You need professional help (an accountant) because your plan is seriously flawed and could result in an audit, fines and even jail time. Labeling personal expenses - like costs associated with building your own home - as a business expense will get you visited by the IRS really fast. It's no different that calling your grocery bill a business expense. The money that you spend on groceries is not an expense of operating a construction company and neither are the costs you incur building or remodeling your own home. The IRS is very suspicious of contractors who have a lot of expenses and very little revenue. It would be a huge red flag. 
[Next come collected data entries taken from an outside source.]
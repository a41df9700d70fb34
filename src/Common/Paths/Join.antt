-- ===== src/Common/Paths/Join.antt =====
-- filepath.Join of two paths.
use mathlib.Core.Path.{◌≡◌, refl, sym, ap, ◌∙◌}
use mathlib.Core.Logic.{◌≢◌}
use mathlib.Core.Bool.{true≢false}
use mathlib.Core.List.{List, [], ◌∷◌, ◌++◌}
use fylane.Common.Tests.{==→ne}
use fylane.Common.Lists.{All, All-append}
use fylane.Common.Text.{Text, text_beq, text_eq}
use fylane.Common.Paths.{slash, join_words, join, non_empty, clean}
use fylane.Common.Paths.Split.{join_words-append}
use fylane.Common.Paths.Walk.{IsPlain, rooted_path, clean-rooted_path}

pub join_two :
    (dest name : Text)
    → dest ≢ []
    → name ≢ []
    → join (dest ∷ name ∷ []) ≡ clean (dest ++ slash ∷ name)
unfolding join non_empty join_words text_beq
join_two [] name n m = absurd (n refl)
join_two (c ∷ dest) [] n m = absurd (m refl)
join_two (c ∷ dest) (d ∷ name) n m = refl

pub join_words-plain : (ws : List Text) → ws ≢ [] → All IsPlain ws → join_words ws ≢ []
unfolding join_words text_beq
join_words-plain [] n h e = n refl
join_words-plain (w ∷ []) n (h, _) e = ==→ne w h.some_byte e
join_words-plain ([] ∷ v ∷ ws) n (h, _) e = true≢false h.some_byte
join_words-plain ((c ∷ w) ∷ v ∷ ws) n h e = cc

-- Plain words behind a path from the root.
pub join-rooted_path :
    (rs vs : List Text)
    → rs ≢ []
    → vs ≢ []
    → All IsPlain rs
    → All IsPlain vs
    → join (rooted_path rs ∷ join_words vs ∷ []) ≡ rooted_path (rs ++ vs)
join-rooted_path rs vs n m p q =
    join_two (rooted_path rs) (join_words vs) (λ e. cc) (join_words-plain vs m q)
    ∙ ap (λ (t : Text). clean (slash ∷ t)) (sym (join_words-append rs vs n m))
    ∙ clean-rooted_path (rs ++ vs) (All-append IsPlain rs vs p q)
I believe you can, however, use money from your business account to build a home and then essentially "sell" it to yourself. This would be an option to discuss with your accountant. But I'm sure the IRS will get their share - and probably more - of the fruits of your labor. As previous members mentioned, you would probably be better off to simply document your actual expenses (not including your labor) so that if you do decide to sell soon, you can accurately compute your capital gains/loss.


----------



## pcplumber (Oct 12, 2008)

TNTSERVICES said:


> Only if they profited off it and then didn't reinvest the profit in another property.
> 
> The earnings that the company used would only be taxable as capital gains if they were earned with a capital investment. Not all income is capital gains. That's why there is an income tax and a capital gains tax.
> 
> You seriously have an issue with understanding the difference between capital gains and income. I bet you still believe that selling materials for a job is capital gains.
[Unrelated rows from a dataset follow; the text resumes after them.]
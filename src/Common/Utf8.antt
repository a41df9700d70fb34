-- ===== src/Common/Utf8.antt =====
-- Package unicode/utf8 of the standard library: valid texts, and the characters of a text.
use fylane.Common.Tests.{if◌then◌else◌, ltb, leb, ◌==◌, nat_eq}
use Prim.Native.Nat.{ℕ, zero, suc, ◌+◌, ◌*◌, ◌%◌}
use mathlib.Core.Bool.{Bool, true, false, ◌&&◌}
use mathlib.Core.List.{List, [], ◌∷◌}
use fylane.Common.Text.{Text}

-- The first byte of a character: whether it can be one, how many bytes follow, and the bounds of
-- the next of them.
abbrev lead : ℕ → Bool × ℕ × ℕ × ℕ
lead c =
    if ltb c 128
    then (true, 0, 128, 191)
    else if ltb c 194
    then (false, 0, 128, 191)
    else if ltb c 224
    then (true, 1, 128, 191)
    else if c == 224
    then (true, 2, 160, 191)
    else if c == 237
    then (true, 2, 128, 159)
    else if ltb c 240
    then (true, 2, 128, 191)
    else if c == 240
    then (true, 3, 144, 191)
    else if ltb c 244
    then (true, 3, 128, 191)
    else if c == 244
    then (true, 3, 128, 143)
    else (false, 0, 128, 191)

-- utf8.Valid: `n` more bytes are due, the next one between `lo` and `hi`.
unfoldable pub valid_from : ℕ → ℕ → ℕ → Text → Bool
valid_from zero lo hi [] = true
valid_from (suc n) lo hi [] = false
valid_from zero lo hi (c ∷ s) = let (good, n, low, high) = lead c in good && valid_from n low high s
valid_from (suc n) lo hi (c ∷ s) = leb lo c && leb c hi && valid_from n 128 191 s

unfoldable pub valid_utf8 : Text → Bool
unfolding valid_from
valid_utf8 = valid_from 0 128 191

-- What the first byte says of the character.
abbrev lead_bits : ℕ → ℕ
lead_bits c =
    if ltb c 128 then c else if ltb c 224 then c % 32 else if ltb c 240 then c % 16 else c % 8

abbrev add_bits : ℕ → ℕ → ℕ
add_bits sofar c = sofar * 64 + c % 64

-- The characters of a valid text: `n` more bytes of one are due, which reads `sofar`.
unfoldable pub runes_from : ℕ → ℕ → Text → List ℕ
runes_from n sofar [] = []
runes_from (suc (suc n)) sofar (c ∷ s) = runes_from (suc n) (add_bits sofar c) s
runes_from (suc zero) sofar (c ∷ s) = add_bits sofar c ∷ runes_from 0 0 s
runes_from zero sofar (c ∷ s) =
    let (good, n, low, high) = lead c in
    let rest = runes_from n (lead_bits c) s in if n == 0 then c ∷ rest else rest

unfoldable pub runes : Text → List ℕ
unfolding runes_from
runes s = runes_from 0 0 s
I posted three links recently and all three links state that Capital Gains includes profits from a car, a couch, boat and every type of personal property. I re-read my recent posts to make sure that I did not call business income a Capital Gains and maybe I even did by mistake, but I did not see it.

I will re-write what I said.

A) If a business earns $100,000 and pays $50,000 of that profit for a brand new truck then the business now has a Capital Gain of $50,000 because even though it paid the $50,000 from the company's profit for the truck it now owns the truck that is worth $50,000. So, since the company owns the $50,000 truck the company cannot write off that $50,000. The company will have to pay tax on the $50,000 profit the company profited and pay a Capital Gains tax on the truck based on $50,000. I don't know exactly how my CPA does the books for Capital Gains because I have not purchased an item that was considered a Capital Gain for many years, but I am 100% positive that the truck is subject to a Capital Gains tax and that is why people lease vs. purchase because when you lease 100% of the lease payment is an expense that can be written off and there is no Capital Gain because you are not the owner of the truck. 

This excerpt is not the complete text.